How could this be? Is this a mistake? It was for teaching creation, not evolution… right? Wrong. So what’s the catch? The “catch” is that this happened 86 years ago this month (May).
You may have heard of the famous (or infamous) “Scopes Monkey Trial” but are not quite sure what it was all about. Some may think they know, because they saw the play or movie entitled “Inherit the Wind” which was all about the Scopes Trial. In reality, anyone who saw the play actually knows quite a bit about what didn’t happen! Most of the major details in the play were just the opposite of what actually occurred. However, that’s where many of us learn about history… through movies or other entertainment media. After all, we’re all very familiar with the exodus of the Israelites from Egypt and how Charlton Heston… I mean Moses, parted the Red sea!
The brief background and summary of the historic event is as follows:
The whole trial (in 1925) was mostly a set-up, being driven by the concern of the ACLU (American Civil Liberties Union) over bills that were being introduced in many states that were anti-evolutionary in nature. They didn’t actually state that evolution in general could not be taught in the public school system, just not the evolution of man. The ACLU wanted a “test case” that would receive a great deal of publicity in hopes that it would subsequently prevent any legislation from being enforceable. The state of Tennessee had just unanimously passed the Butler Act, which in part stated that it would be:
“…unlawful for any teacher in any of the Universities, Normals, and all other public schools of the state which are supported in whole or in part by the public school funds of the State, to teach any theory that denies the story of the Divine Creation of man as taught in the Bible, and to teach instead that man has descended from a lower order of animals.”
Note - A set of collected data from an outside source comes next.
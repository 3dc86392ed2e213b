-- ===== src/Tests.antt =====
-- Runs at concrete inputs, and the instances of the theorems that have hypotheses.
mod Samples
mod TxTests
mod DagTests
mod VrfTests
mod SpvTests
mod NodeTests
mod ReachabilityTests
mod UtxoTests
mod ScriptTests
mod StakeTests
mod LedgerTests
The ACLU went on the prowl looking for someone to be willing to assist them with their efforts. They advertised in a local paper and eventually were connected with John T. Scopes, a local high school math teacher. Not an ideal fit, but having filled in for the biology teacher during the last two weeks of school, he was good enough for the ACLU.
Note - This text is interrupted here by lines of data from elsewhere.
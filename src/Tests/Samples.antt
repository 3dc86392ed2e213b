-- ===== src/Tests/Samples.antt =====
-- Data that the tests share.
use kovanica_node.Common.{ℕ, none, some, true, false, [], ◌∷◌, replicate, take, bytes_eq}
use kovanica_node.Tx.{TxId, OutPoint, AssetId, Address, TxOutput, Transaction}
use kovanica_node.Crypto.{Crypto}
use kovanica_node.Utxo.{UtxoEntry, UtxoSet}

abbrev pub txid : ℕ → TxId
txid n = record { bytes = replicate 32 n }

abbrev pub coin : ℕ → OutPoint
coin n = record { tx = txid n; index = 0 }

-- A version 0 address.
abbrev pub address : ℕ → Address
address n = record { bytes = 0 ∷ replicate 32 n }

abbrev pub stealth_address : Address
stealth_address = record { bytes = 3 ∷ replicate 32 9 }

abbrev pub asset : AssetId
asset = record { bytes = replicate 32 5 }

abbrev pub plain : ℕ → TxOutput
plain v = record { value = v; asset_id = none; owner = address 1; stealth = none }

abbrev pub token : TxOutput
token = record { value = 8; asset_id = some asset; owner = address 2; stealth = none }

abbrev pub hidden : TxOutput
hidden = record {
  value = 9;
  asset_id = none;
  owner = stealth_address;
  stealth = some (record { r = replicate 32 1; view_tag = 200; p = replicate 32 2 });
}

abbrev pub transfer : Transaction
transfer = record {
  inputs = record { outpoint = coin 7; witness = replicate 64 3 ∷ [] } ∷ [];
  outputs = plain 20 ∷ token ∷ hidden ∷ [];
  tag = 1 ∷ 2 ∷ 3 ∷ [];
  n_lock_time = 5;
  sequence = 4294967295;
}

abbrev pub coinbase : Transaction
coinbase = record {
  inputs = [];
  outputs = plain 50 ∷ [];
  tag = 104 ∷ 49 ∷ [];
  n_lock_time = 0;
  sequence = 0;
}

abbrev pub entry : ℕ → UtxoEntry
entry h = record { output = plain 20; creation_height = h; is_coinbase = true }

abbrev pub utxos : UtxoSet
utxos =
    (coin 7, record { output = hidden; creation_height = 3; is_coinbase = false })
    ∷ (coin 2, entry 0)
    ∷ []

-- A signature scheme in which a signature of a key starts with the key, and a hash that keeps the
-- first 32 bytes.
abbrev pub toy : Crypto
toy = record {
  blake3 = λ bytes. take 32 bytes;
  valid_key = λ key. true;
  verify_strict = λ key message signature. bytes_eq (take 32 signature) key;
}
One of the most interesting facts about this trial is that Scopes never even taught evolution at all during the two weeks he filled in for the teacher who was ill. However, since the textbook used in the class included a section on the evolution of man, it was deemed adequate grounds for the trial (even though Scopes himself never truly violated the Butler Act in any way).
There are numerous interesting aspects of the trial, but I will just be briefly highlighting one area here. Even though the trial was not about the validity of evolution, but simply regarding whether or not Scopes violated the Butler Act, much of the case focused on the alleged “fact” of evolution against the purported accuracy of the Bible. This was the intention of the ACLU all along. At one point during the trial, William Jennings Bryan (the conservative Christian prosecuting attorney) was asked to take the stand and be questioned as an “expert witness” regarding the authority and inspiration of Scripture. This had nothing to do with whether or not Scopes violated any laws and Bryan had been strongly advised not to comply (and certainly was under no obligation to do so). With the agreement that when finished, Clarence Darrow (an evolutionist and agnostic defense attorney for Scopes) would in turn take the stand and be questioned regarding his own humanistic beliefs.
Bryan did not fair well on the stand, primarily because of his (in my opinion) compromised view of Scripture, believing in creation, but not believing that the 6 days mentioned in Genesis chapter one were actually normal, solar days. To those in attendance, the impression was given that the Bible is largely subject to interpretation, often based on whatever the latest theories are in science, implying that science sits in authority over Scripture, telling us what is “real” and what isn’t.
In an unprecedented act, Darrow (again, Scope’s defense attorney) asked the court to find his own client guilty! The clever move made it unnecessary for Darrow to take the stand as formerly agreed upon to defend his views.
In the end, Scopes was fined $100, which Bryan actually offered to pay! He was also actually acquitted based on a technicality. All of his expenses were paid by people/organizations with vested interests, and even his subsequent graduate educational expenses were covered. The Butler Act itself was eventually repealed in Tennessee in 1967. Today, evolution is the only legally presentable view of origins in public schools. What a sad commentary on the nature of our educational system and the current state of our country (and the continual demise of our great Christian heritage).